Cette pièce a été avant tout un exercice pour moi. C’était un essai pour apprendre plus en détails à contrôler le logiciel Pure Data qui n’est pas toujours facile à appréhender…

Voici à quoi ressemble les commandes de pour cette programmation :

 purdata.jpg


En fait lorsqu’une personne passe devant le capteur, celui-ci déclenche le programme, qui active neuf fois sur dix la Webcam qui prend la photo, sinon celle qui produit la vidéo.

Ce dispositif devait questionner sur la place d’un corps dans l’espace.

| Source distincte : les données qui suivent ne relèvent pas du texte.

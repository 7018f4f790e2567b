-- ===== src/Tracker/Reader/Invariant.antt =====
-- What holds of the tables of internal/tracker/reader.go, and that each part of an operation keeps it
use logblock.Prelude.{
  ℕ, ◌^◌, ◌≤◌, ◌<◌, ◌≡◌, refl, sym, ap, ◌∙◌, subst, Bool, true, false, Option, none, some, List, [],
  ◌∷◌, ◌++◌, arith, if◌then◌else◌, ◌==◌, length, append_assoc, append-nil,
}
use logblock.Readers.Views.{SoundReader}
use logblock.RangeMap.Index.{RangeIndex}
use logblock.BlockMap.{FreeSet, BlockMap, is_member, find}
use logblock.BlockMap.Tables.{IsConsistent}
use logblock.Tracker.Reader.{
  Merge, merge_idle, merge_pushing, merge_adding, merge_waiting, reverse, delete_merged,
}
use logblock.Tracker.Reader.Names.{
  first, Distinct, Distinct-drop, Distinct-take, reverse-reverse, delete_merged-reverse,
}
use logblock.Tracker.Reader.Pushes.{Unknown, has, IsIndexed}

-- What a merge has done: `merged` are the pending tables that are in the block map already, newest first.
abbrev pub Phase : Merge → List ℕ → List ℕ → Bool → Type 0
Phase merge_idle merged pending compacting = merged ≡ []
Phase (merge_waiting g) merged pending compacting = merged ≡ []
Phase (merge_adding c rest rs) merged pending compacting = ⊥
Phase (merge_pushing todo rs) merged pending compacting =
    (compacting ≡ false)
    × (extra : List ℕ) × (p : List ℕ) × (pending ≡ extra ++ p)
    × (rs ≡ reverse p)
    × (p ≡ reverse todo ++ merged)
    × (0 < length p)

regroup :
    (a b c d e : List ℕ) (r : ℕ)
    → ((a ++ ((b ++ r ∷ []) ++ c)) ++ d) ++ e ≡ (a ++ b) ++ (r ∷ (c ++ (d ++ e)))
regroup a b c d e r = simp append_assoc

module _ (I : RangeIndex) (F : FreeSet) {block_size num_blocks : ℕ} (t : ℕ → SoundReader block_size)
    (small : num_blocks < 2 ^ 63) (bounded : (x b : ℕ) → num_blocks ≤ b → (t x).view b ≡ none) where
  abbrev pub H : ℕ → ℕ → Bool
  H = has I F t small bounded

  -- Of the recent tables, `indexed` are those that are not pending any more. The block map is what all but the
  -- pending tables make, with those that the merge has done on top.
  pub record TablesInv (pending : List ℕ) (primary : BlockMap I F) (compacting : Bool)
      (merge : Merge) (recent older : List ℕ) : Type 0 where
    pub consistent : IsConsistent I F primary
    pub indexed : List ℕ
    pub merged : List ℕ
    pub is_recent : recent ≡ pending ++ indexed
    pub distinct : Distinct (recent ++ older)
    pub found : (b : ℕ) → find I F primary b ≡ first H (merged ++ (indexed ++ older)) b
    pub unknown : (x : ℕ) → is_member x (merged ++ (indexed ++ older)) ≡ false → Unknown primary x
    pub phase : Phase merge merged pending compacting
    pub frozen : compacting ≡ true → indexed ≡ []

  module _ {pending : List ℕ} {primary : BlockMap I F} {compacting : Bool} {merge : Merge}
      {recent older : List ℕ} (v : TablesInv pending primary compacting merge recent older) where
    Phase-push :
        (r : ℕ) (g : Merge)
        → Phase g v.merged pending compacting
        → Phase g v.merged (r ∷ pending) compacting
    Phase-push r merge_idle h = h
    Phase-push r (merge_adding c rest rs) h = absurd h
    Phase-push r (merge_waiting g) h = h
    Phase-push r (merge_pushing todo rs) (c, extra, p, e, k, l, h) =
        (c, r ∷ extra, p, ap (λ k. r ∷ k) e, k, l, h)

    pub reader_pushed-TablesInv :
        (r : ℕ)
        → is_member r (recent ++ older) ≡ false
        → TablesInv (r ∷ pending) primary compacting merge (r ∷ recent) older
    reader_pushed-TablesInv r new = record {
      consistent = v.consistent;
      indexed = v.indexed;
      merged = v.merged;
      is_recent = ap (λ k. r ∷ k) v.is_recent;
      distinct = (new, v.distinct);
      found = v.found;
      unknown = v.unknown;
      phase = Phase-push r merge v.phase;
      frozen = v.frozen;
    }

    none_merged : merge ≡ merge_idle → v.merged ≡ []
    none_merged idle = subst (λ g. Phase g v.merged pending compacting) idle v.phase

    pub merge_started-TablesInv :
        merge ≡ merge_idle
        → compacting ≡ false
        → (length pending == 0) ≡ false
        → TablesInv pending primary compacting
            (merge_pushing (reverse pending) (reverse pending))
            recent
            older
    merge_started-TablesInv idle off some_pending = record {
      consistent = v.consistent;
      indexed = v.indexed;
      merged = v.merged;
      is_recent = v.is_recent;
      distinct = v.distinct;
      found = v.found;
      unknown = v.unknown;
      phase = (
        off,
        [],
        pending,
        refl,
        refl,
        sym ((λ i. reverse-reverse pending i ++ none_merged idle i) ∙ append-nil pending),
        ground (arith, some_pending),
      );
      frozen = v.frozen;
    }

    -- The next table of a merge, not in the block map yet
    pub next-Unknown :
        (r : ℕ) (rest rs : List ℕ) → merge ≡ merge_pushing (r ∷ rest) rs → Unknown primary r
    unfolding reverse
    next-Unknown r rest rs e =
        let (c, extra, p, split, k, left, l) =
          subst (λ g. Phase g v.merged pending compacting) e v.phase in
        let tail = v.merged ++ (v.indexed ++ older) in
        let whole : recent ++ older ≡ (extra ++ reverse rest) ++ (r ∷ tail) =
          ap (λ k. k ++ older)
            (v.is_recent ∙ ap (λ k. k ++ v.indexed) (split ∙ ap (λ k. extra ++ k) left))
          ∙ regroup extra (reverse rest) v.merged v.indexed older r in
        v.unknown r
          (Distinct-drop (extra ++ reverse rest) (r ∷ tail) (subst Distinct whole v.distinct)).0

    pub merge_pushed-TablesInv :
        (r : ℕ) (rest rs : List ℕ) (p : BlockMap I F)
        → merge ≡ merge_pushing (r ∷ rest) rs
        → IsIndexed I F t small bounded primary r p
        → TablesInv pending p compacting (merge_pushing rest rs) recent older
    unfolding reverse first is_member
    merge_pushed-TablesInv r rest rs p e done =
        let (c, extra, q, split, k, left, l) =
          subst (λ g. Phase g v.merged pending compacting) e v.phase in
        let (good, finds, others) = done in
        record {
          consistent = good;
          indexed = v.indexed;
          merged = r ∷ v.merged;
          is_recent = v.is_recent;
          distinct = v.distinct;
          found = λ b. finds b ∙ ap (λ o. if H r b then some r else o) (v.found b);
          unknown = λ x u. others x (ground (arith, u)) (v.unknown x (ground (arith, u)));
          phase = (c, extra, q, split, k, left ∙ append_assoc (reverse rest) (r ∷ []) v.merged, l);
          frozen = v.frozen;
        }

    pub merge_ended-TablesInv :
        (rs : List ℕ) (g : Option (ℕ × ℕ))
        → merge ≡ merge_pushing [] rs
        → TablesInv (delete_merged rs pending) primary compacting (merge_waiting g) recent older
    unfolding reverse
    merge_ended-TablesInv rs g e =
        let (c, extra, p, split, whole, done, l) =
          subst (λ g. Phase g v.merged pending compacting) e v.phase in
        let all : recent ≡ extra ++ (p ++ v.indexed) =
          v.is_recent ∙ ap (λ k. k ++ v.indexed) split ∙ append_assoc extra p v.indexed in
        let parts : Distinct (extra ++ p) = Distinct-take (extra ++ p) (v.indexed ++ older) (
          subst Distinct
            (ap (λ k. k ++ older) (v.is_recent ∙ ap (λ k. k ++ v.indexed) split)
              ∙ append_assoc (extra ++ p) v.indexed older)
            v.distinct) in
        record {
          consistent = v.consistent;
          indexed = p ++ v.indexed;
          merged = [];
          is_recent =
              all
              ∙ ap (λ k. k ++ (p ++ v.indexed))
                  (sym (
                    (λ i. delete_merged (whole i) (split i))
                    ∙ delete_merged-reverse extra p parts));
          distinct = v.distinct;
          found = λ b.
              v.found b
              ∙ ap (λ k. first H k b)
                  (ap (λ k. k ++ (v.indexed ++ older)) (sym done)
                    ∙ sym (append_assoc p v.indexed older));
          unknown = λ x u. v.unknown x (
              ap (is_member x) (
                ap (λ k. k ++ (v.indexed ++ older)) (sym done)
                ∙ sym (append_assoc p v.indexed older))
              ∙ u);
          phase = refl;
          frozen = λ on. absurd (ground (arith, c, on));
        }

    pub merge_over-TablesInv :
        (g : Option (ℕ × ℕ))
        → merge ≡ merge_waiting g
        → TablesInv pending primary compacting merge_idle recent older
    merge_over-TablesInv g e = record {
      consistent = v.consistent;
      indexed = v.indexed;
      merged = v.merged;
      is_recent = v.is_recent;
      distinct = v.distinct;
      found = v.found;
      unknown = v.unknown;
      phase = subst (λ g. Phase g v.merged pending compacting) e v.phase;
      frozen = v.frozen;
    }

En effet, la personne prise en photo ou filmée, est introduite dans un espace bi-dimensionnel nouveau, qui est délimité par le cadre de l’image projetée.

Cette pièce pose aussi la question de la perception du dispositif par le spectateur, car c’est seulement après s’être retrouvée face à elle-même, que la personne présente dans la pièce découvre l’existence des webcams. Sinon, c’est un détail auquel personne ne prêterait attention. Les Webcams sont telles des caméras de surveillance, comme nous pouvons en trouver dans nos rues. Sauf qu’ici, le phénomène est amplifié par le fait que nous sommes dans un espace confiné.

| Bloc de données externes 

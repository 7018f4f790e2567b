-- ===== src/Tracker/Reader/Compaction.antt =====
-- Compactions of internal/tracker/reader.go keep what holds of the tables, and what readers are shown follows from it.
use logblock.Prelude.{
  ℕ, ◌^◌, ◌≤◌, ◌<◌, ◌≡◌, ◌≢◌, refl, sym, ap, ◌∙◌, Bool, true, false, none, some, List, [], ◌∷◌,
  ◌++◌, arith, if◌then◌else◌, length, length-append, append_assoc, append-nil,
}
use logblock.Readers.Views.{SoundReader}
use logblock.RangeMap.Index.{RangeIndex}
use logblock.BlockMap.{FreeSet, BlockMap, is_member, find, remove_table}
use logblock.Tracker.Reader.{Merge, merge_idle, merge_pushing, merge_adding, merge_waiting, reverse}
use logblock.Tracker.Reader.Names.{
  first, first-append, first_again, or_first, Distinct, is_member-append,
}
use logblock.Tracker.Reader.Pushes.{IsIndexed, Unknown, remove_table_lem}
use logblock.Tracker.Reader.Invariant.{Phase, H, TablesInv}

pub Distinct-insert :
    (xs ys : List ℕ) (r : ℕ)
    → Distinct (xs ++ ys)
    → is_member r (xs ++ ys) ≡ false
    → Distinct (xs ++ r ∷ ys)
unfolding is_member
Distinct-insert [] ys r d new = (new, d)
Distinct-insert (x ∷ xs) ys r d new = (
  is_member-append x xs (r ∷ ys) ∙ ground (arith, d.0, new, is_member-append x xs ys),
  Distinct-insert xs ys r d.1 (ground (arith, new)),
)

module _ (I : RangeIndex) (F : FreeSet) {block_size num_blocks : ℕ} (t : ℕ → SoundReader block_size)
    (small : num_blocks < 2 ^ 63) (bounded : (x b : ℕ) → num_blocks ≤ b → (t x).view b ≡ none) where
  abbrev K : ℕ → ℕ → Bool
  K = H I F t small bounded

  module _ {pending : List ℕ} {primary : BlockMap I F} {compacting : Bool} {merge : Merge}
      {recent older : List ℕ}
      (v : TablesInv I F t small bounded pending primary compacting merge recent older) where
    -- A merge is never in progress while pending readers are none.
    Phase-compaction :
        (g : Merge)
        → pending ≡ []
        → Phase g v.merged pending compacting
        → Phase g [] pending true × (v.merged ≡ [])
    Phase-compaction merge_idle none_left h = (refl, h)
    Phase-compaction (merge_adding c rest rs) none_left h = absurd h
    Phase-compaction (merge_waiting g) none_left h = (refl, h)
    Phase-compaction (merge_pushing todo rs) none_left (c, extra, p, split, whole, left, long) =
        absurd (ground (arith, ap length (sym split ∙ none_left), length-append extra p, long))

    pub compaction_started-TablesInv :
        pending ≡ [] → TablesInv I F t small bounded pending primary true merge [] (recent ++ older)
    compaction_started-TablesInv none_left =
        let (phase, nothing) = Phase-compaction merge none_left v.phase in
        let all : recent ++ older ≡ v.merged ++ (v.indexed ++ older) =
          ap (λ k. k ++ older) (v.is_recent ∙ ap (λ k. k ++ v.indexed) none_left)
          ∙ sym (ap (λ k. k ++ (v.indexed ++ older)) nothing) in
        record {
          consistent = v.consistent;
          indexed = [];
          merged = [];
          is_recent = sym (ap (λ k. k ++ []) none_left);
          distinct = v.distinct;
          found = λ b. v.found b ∙ ap (λ k. first K k b) (sym all);
          unknown = λ x u. v.unknown x (ap (is_member x) (sym all) ∙ u);
          phase = phase;
          frozen = λ on. refl;
        }

    -- A compaction pushes tables while no merge is in progress.
    Phase-idle :
        (g : Merge) → compacting ≡ true → Phase g v.merged pending compacting → v.merged ≡ []
    Phase-idle merge_idle on h = h
    Phase-idle (merge_adding c rest rs) on h = absurd h
    Phase-idle (merge_waiting g) on h = h
    Phase-idle (merge_pushing todo rs) on h = absurd (ground (arith, h.0, on))

    compacted-bare : compacting ≡ true → v.merged ++ (v.indexed ++ older) ≡ older
    compacted-bare on =
        ap (λ k. k ++ (v.indexed ++ older)) (Phase-idle merge on v.phase)
        ∙ ap (λ k. k ++ older) (v.frozen on)

    pub compacted-Unknown :
        (r : ℕ) → compacting ≡ true → is_member r (recent ++ older) ≡ false → Unknown primary r
    compacted-Unknown r on new = v.unknown r (
        ap (is_member r) (compacted-bare on) ∙ ground (arith, is_member-append r recent older, new))

    pub compacted_pushed-TablesInv :
        (r : ℕ) (p : BlockMap I F)
        → compacting ≡ true
        → is_member r (recent ++ older) ≡ false
        → IsIndexed I F t small bounded primary r p
        → TablesInv I F t small bounded pending p compacting merge recent (r ∷ older)
    unfolding first is_member
    compacted_pushed-TablesInv r p on new done =
        let (good, finds, others) = done in
        let bare : v.merged ++ (v.indexed ++ r ∷ older) ≡ r ∷ older =
          ap (λ k. k ++ (v.indexed ++ r ∷ older)) (Phase-idle merge on v.phase)
          ∙ ap (λ k. k ++ r ∷ older) (v.frozen on) in
        record {
          consistent = good;
          indexed = v.indexed;
          merged = v.merged;
          is_recent = v.is_recent;
          distinct = Distinct-insert recent older r v.distinct new;
          found = λ b.
              finds b
              ∙ ap (λ o. if K r b then some r else o)
                  (v.found b ∙ ap (λ k. first K k b) (compacted-bare on))
              ∙ ap (λ k. first K k b) (sym bare);
          unknown = λ x u.
              let u' = ap (is_member x) (sym bare) ∙ u in
              others x (ground (arith, u'))
                (v.unknown x (ap (is_member x) (compacted-bare on) ∙ ground (arith, u')));
          phase = v.phase;
          frozen = v.frozen;
        }

    pub unused_removed-TablesInv :
        (r iv : ℕ) (p : BlockMap I F)
        → primary.index_map r ≡ some iv
        → ((b : ℕ) → I.get primary.range_map b ≢ some iv)
        → remove_table I F r primary ≡ some p
        → TablesInv I F t small bounded pending p compacting merge recent older
    unused_removed-TablesInv r iv p number dead done =
        let (good, finds, others) =
          remove_table_lem I F primary r iv p v.consistent number dead done in
        record {
          consistent = good;
          indexed = v.indexed;
          merged = v.merged;
          is_recent = v.is_recent;
          distinct = v.distinct;
          found = λ b. finds b ∙ v.found b;
          unknown = λ x u. others x (v.unknown x u);
          phase = v.phase;
          frozen = v.frozen;
        }

    Phase-done : (g : Merge) → Phase g v.merged pending compacting → Phase g v.merged pending false
    Phase-done merge_idle h = h
    Phase-done (merge_adding c rest rs) h = absurd h
    Phase-done (merge_waiting g) h = h
    Phase-done (merge_pushing todo rs) (c, extra, p, h, k, l, m) = (refl, extra, p, h, k, l, m)

    pub compaction_ended-TablesInv :
        TablesInv I F t small bounded pending primary false merge recent older
    compaction_ended-TablesInv = record {
      consistent = v.consistent;
      indexed = v.indexed;
      merged = v.merged;
      is_recent = v.is_recent;
      distinct = v.distinct;
      found = v.found;
      unknown = v.unknown;
      phase = Phase-done merge v.phase;
      frozen = λ on. absurd (ground (arith, on));
    }

    Phase-suffix :
        (g : Merge)
        → Phase g v.merged pending compacting
        → (xs : List ℕ) × (pending ≡ xs ++ v.merged)
    Phase-suffix merge_idle h = (pending, sym (ap (λ k. pending ++ k) h ∙ append-nil pending))
    Phase-suffix (merge_adding c rest rs) h = absurd h
    Phase-suffix (merge_waiting g) h =
        (pending, sym (ap (λ k. pending ++ k) h ∙ append-nil pending))
    Phase-suffix (merge_pushing todo rs) (c, extra, p, split, k, left, l) = (
      extra ++ reverse todo,
      split ∙ ap (λ k. extra ++ k) left ∙ sym (append_assoc extra (reverse todo) v.merged),
    )

    -- What the pending tables and the block map show
    pub shown_lem :
        (b : ℕ) → or_first (first K pending b) (find I F primary b) ≡ first K (recent ++ older) b
    shown_lem b =
        let (xs, split) = Phase-suffix merge v.phase in
        let below = v.indexed ++ older in
        ap (λ o. or_first (first K pending b) o) (v.found b ∙ first-append K b v.merged below)
        ∙ ap (λ k. or_first (first K k b) (or_first (first K v.merged b) (first K below b))) split
        ∙ first_again K b xs v.merged (first K below b)
        ∙ ap (λ k. or_first (first K k b) (first K below b)) (sym split)
        ∙ sym (first-append K b pending below)
        ∙ ap (λ k. first K k b)
            (sym (ap (λ k. k ++ older) v.is_recent ∙ append_assoc pending v.indexed older))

D’ailleurs l’expérience est troublante et met souvent mal à l’aise la personne qui l’expérimente. Le fait de se retrouver face à son propre corps et d’être observé par soi-même provoque un trouble sensoriel où l’appréhension de l’espace est mise à mal. D’autres, au contraire, habitués sans doute par la  masse d’images qui nous entourent, étaient ravis d’être le sujet de la pièce et jouaient avec les Webcams…

Dans tout les cas, on ne peut pas dire de ma pièce que c’est un élément fini : en effet beaucoup d’artistes des années 70 ont déjà fait le tour de ce sujet (Bruce Nauman, Dan Graham…) et je n’ai pas apporté beaucoup de nouveautés. Il faut vraiment le prendre comme un exercice qui m’emmènera sûrement plus loin par la suite. Déjà, après réflexion, je ne pense pas qu’une si grande pièce soit utile. Un simple écran encadré, tel un tableau dans un musée, aurait largement suffi. Les personnes auraient alors été le sujet du tableau. Il n’y aurait eu qu’une seule Webcam : celle qui prend les photos de face.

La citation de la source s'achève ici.